Nano delivery systems hold great potential to overcome many of the present obstacles of drug delivery, of which carbon nanotubes (CNTs) have been proposed and actively explored as multipurpose innovative carriers for drug delivery and diagnostic applications. They are extremely versatile nanocarriers that can be included in numerous different fields because of their great material properties. They have many unique physical, mechanical and electronic properties. These distinct and exceptional properties have made it possible to exploit CNTs for numerous applications, such as sensors, probes, actuators, composites, nanoelectronics devices and drug delivery systems within biomedical applications. As a result, in a very short time, CNTs appear to have drawn the attention of nanotechnologists from both industry and academia.

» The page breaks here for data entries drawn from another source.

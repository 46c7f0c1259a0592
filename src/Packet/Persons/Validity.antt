-- ===== src/Packet/Persons/Validity.antt =====
-- Lemmas on the rows that the commands on issuing, statuses and persons
-- leave (internal/packetissuance/transitions.go).
use chrono_desk.Packet.Persons.{
  apply_change_race, apply_edit_person, apply_issue, apply_release_to_reserve, apply_replace_person,
  apply_set_dns, apply_undo_issue,
}
use chrono_desk.Packet.Validate.Parts.{IsValid}
use chrono_desk.Packet.Validate.{
  known_status, require_assigned, valid_optional_identifier, validate_optional_person,
}
use chrono_desk.Packet.Model.{Command, Registration, ok}
use chrono_desk.Prelude.{arith, ◌≡◌}

module _ (source : Registration) {after : Registration} (v : IsValid source) where
  pub apply_issue-IsValid : apply_issue source ≡ ok after → IsValid after
  unfolding apply_issue
  apply_issue-IsValid h = ground arith

  pub apply_release_to_reserve-IsValid : apply_release_to_reserve source ≡ ok after → IsValid after
  unfolding apply_release_to_reserve validate_optional_person valid_optional_identifier known_status
  apply_release_to_reserve-IsValid h = ground arith

module _ (source : Registration) (command : Command) {after : Registration}
    (v : IsValid source) where
  pub apply_undo_issue-IsValid : apply_undo_issue source command ≡ ok after → IsValid after
  unfolding apply_undo_issue
  apply_undo_issue-IsValid h = ground arith

  pub apply_set_dns-IsValid : apply_set_dns source command ≡ ok after → IsValid after
  unfolding apply_set_dns known_status
  apply_set_dns-IsValid h = ground arith

  pub apply_edit_person-IsValid : apply_edit_person source command ≡ ok after → IsValid after
  unfolding apply_edit_person validate_optional_person require_assigned
  apply_edit_person-IsValid h = ground arith

  pub apply_change_race-IsValid : apply_change_race source command ≡ ok after → IsValid after
  unfolding apply_change_race
  apply_change_race-IsValid h = ground arith

  pub apply_replace_person-IsValid : apply_replace_person source command ≡ ok after → IsValid after
  unfolding apply_replace_person validate_optional_person known_status
  apply_replace_person-IsValid h = ground arith
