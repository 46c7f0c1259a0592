-- ===== src/Packet/Numbers/Validity.antt =====
-- Lemmas on the rows that the number commands leave (internal/packetissuance/transitions.go).
use chrono_desk.Packet.Rows.{find_row}
use chrono_desk.Packet.Numbers.Outcome.{Returned-apply_return_to_reserve}
use chrono_desk.Packet.Validate.Blank.{empty_registration-reserve}
use chrono_desk.Prelude.Classes.{eq_iff}
use chrono_desk.Packet.Numbers.{
  apply_assign_number, apply_clear_number, apply_create_registration, apply_unassign_number,
  apply_return_to_reserve,
}
use chrono_desk.Packet.Validate.Parts.{IsValid, IsValidChange}
use chrono_desk.Packet.Validate.{validate_optional_person, empty_registration, require_editable}
use chrono_desk.Packet.Model.{registration_eq, Command, Registration, ok, >>=-eq-ok, Change}
use chrono_desk.Prelude.{List, arith, ◌≡◌, All, String, false, none, some, true}

pub apply_assign_number-IsValid :
    (records : List Registration) (source : Registration) (command : Command) {after : Registration}
    → IsValid source
    → apply_assign_number records source command ≡ ok after
    → IsValid after
unfolding apply_assign_number
apply_assign_number-IsValid records source command v h = ground arith

pub apply_create_registration-IsValid :
    (records : List Registration) (source : Registration) (command : Command) {after : Registration}
    → IsValid source
    → apply_create_registration records source command ≡ ok after
    → IsValid after
unfolding apply_create_registration validate_optional_person
apply_create_registration-IsValid records source command v h =
    let (_, e0, h0) = >>=-eq-ok (require_editable source) _ h in
    let (empty, e1, h1) = >>=-eq-ok (empty_registration command) _ h0 in
    ground (arith, eq_iff source empty, empty_registration-reserve command e1)

pub apply_clear_number-IsValid :
    (source : Registration) {after : Registration}
    → IsValid source
    → apply_clear_number source ≡ ok after
    → IsValid after
unfolding apply_clear_number
apply_clear_number-IsValid source v h = ground arith

pub apply_unassign_number-IsValid :
    (source : Registration) {after : Registration}
    → IsValid source
    → apply_unassign_number source ≡ ok after
    → IsValid after
unfolding apply_unassign_number
apply_unassign_number-IsValid source v h = ground arith

reserved-IsValid :
    (source target : Registration) (bib : String)
    → IsValid target
    → target.person ≡ none
    → IsValid (record target { bib = bib; epc = source.epc; reserve = true })
reserved-IsValid source target bib w e = ground arith

unnumbered-IsValid :
    (source : Registration)
    → IsValid source
    → IsValid (record source { bib = ""; epc = ""; issued = false })
unnumbered-IsValid source v = ground arith

pub apply_return_to_reserve-IsValid :
    (rows : List Registration) (source : Registration) (command : Command) {changes : List Change}
    → IsValid source
    → ((target : Registration) → find_row command.target_id rows ≡ some target → IsValid target)
    → apply_return_to_reserve rows source command ≡ ok changes
    → All IsValidChange changes
apply_return_to_reserve-IsValid rows source command v known h =
    let r = Returned-apply_return_to_reserve rows source command h in
    let w = known r.target r.found in
    rw (r.result) (
      (v, unnumbered-IsValid source v),
      ((w, reserved-IsValid source r.target command.bib w r.vacant), tt),
    )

In the last two decades, remarkable work has been done in the field of CNTs, including biomedical application. Functionalization of CNTs has opened new perspectives in the study of their biological properties. Attachment of an organic moiety to nanosized tubes has made possible their use in diagnostics for imaging as well as for targeting purposes, especially in cancer therapy and infectious disease treatment. Nanotube drug delivery holds future promise for high treatment efficacy combined with minimal side effects for cancer therapy with low drug doses. In addition, it is the most promising non-viral nanocarrier in human gene therapy and in nucleic acid, peptide, vaccine and protein delivery. As much work is under progress, it is expected that plenty of applications of CNTs will be explored in the near future.

Even though CNTs are playing a larger and most promising role in the field of nanomedicine, more research is required to guarantee safety in drug delivery. Toxicity studies are critical to establish the full in-vivo potential of CNTs for drug delivery before their actual application and marketing. Physiological, physicochemical and molecular processes need to be considered for understanding of clinical and pre-clinical toxicity of CNTs. As there have been conflicting results regarding toxicity, more comprehensive studies are required. Regardless of the knowledge gained in recent years in nanotoxicology, scientists still are not able to precisely anticipate the behaviour and biokinetics of CNTs. Cytotoxicity and genotoxicity are major concerns, and antigenicity remains poorly characterized and understood. Strict nano regulation is compulsory and needs amending to cover environmental, health, pharmaceutical and safety issues. The commercialization of CNTs requires clear-headed and thoughtful environmental, health and safety research and meaningful and open discussion of broader societal impacts of pharmaceutical and toxicological issues.

Declarations

Conflict of interest

The Author(s) declare(s) that they have no conflicts of interest to disclose.

Funding

This review received no specific grant from any funding agency in the public, commercial or not-for-profit sectors.